■ Listed entries
═══

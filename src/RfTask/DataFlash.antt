-- ===== src/RfTask/DataFlash.antt =====
-- The DataFlash that firmware/src/rf_task.c keeps its bond in, which the vendor's ROM drives: the
-- 24 bytes at `RF_BOND_EEPROM_OFF` through `EEPROM_READ`, `EEPROM_ERASE` and `EEPROM_WRITE`.
use open_controller.Prelude.{ℕ, ◌≡◌, Bool, true, Option, some, List, length, replicate}

-- Reading fails or gives the bytes; the other two say whether they have succeeded.
pub record Flash : Type 1 where
  pub Page : Type 0
  pub read : Page → Option (List ℕ)
  pub erase : Page → Page × Bool
  pub write : Page → List ℕ → Page × Bool

-- A part in order: a read gives as many bytes as asked for, an erased page reads as ones, and keeps what is written to it.
pub record Works (flash : Flash) : Type 0 where
  pub reads :
      (page : flash.Page) (bytes : List ℕ) → flash.read page ≡ some bytes → length bytes ≡ 24
  pub erases : (page : flash.Page) → (flash.erase page).1 ≡ true
  pub erased : (page : flash.Page) → flash.read (flash.erase page).0 ≡ some (replicate 24 0xff)
  pub written :
      (page : flash.Page) (bytes : List ℕ)
      → flash.read page ≡ some (replicate 24 0xff)
      → length bytes ≡ 24
      → flash.read (flash.write page bytes).0 ≡ some bytes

═══

Would you please reproduce the records above exactly, only from their first line through the line holding "(page : flash.Page) (bytes : List ℕ) →", with both ends included?

■ Response box
filename src/RfTask/DataFlash.antt
-- ===== src/RfTask/DataFlash.antt =====
-- The DataFlash that firmware/src/rf_task.c keeps its bond in, which the vendor's ROM drives: the
-- 24 bytes at `RF_BOND_EEPROM_OFF` through `EEPROM_READ`, `EEPROM_ERASE` and `EEPROM_WRITE`.
use open_controller.Prelude.{ℕ, ◌≡◌, Bool, true, Option, some, List, length, replicate}

-- Reading fails or gives the bytes; the other two say whether they have succeeded.
pub record Flash : Type 1 where
  pub Page : Type 0
  pub read : Page → Option (List ℕ)
  pub erase : Page → Page × Bool
  pub write : Page → List ℕ → Page × Bool

-- A part in order: a read gives as many bytes as asked for, an erased page reads as ones, and keeps what is written to it.
pub record Works (flash : Flash) : Type 0 where
  pub reads :
      (page : flash.Page) (bytes : List ℕ) → flash.read page ≡ some bytes → length bytes ≡ 24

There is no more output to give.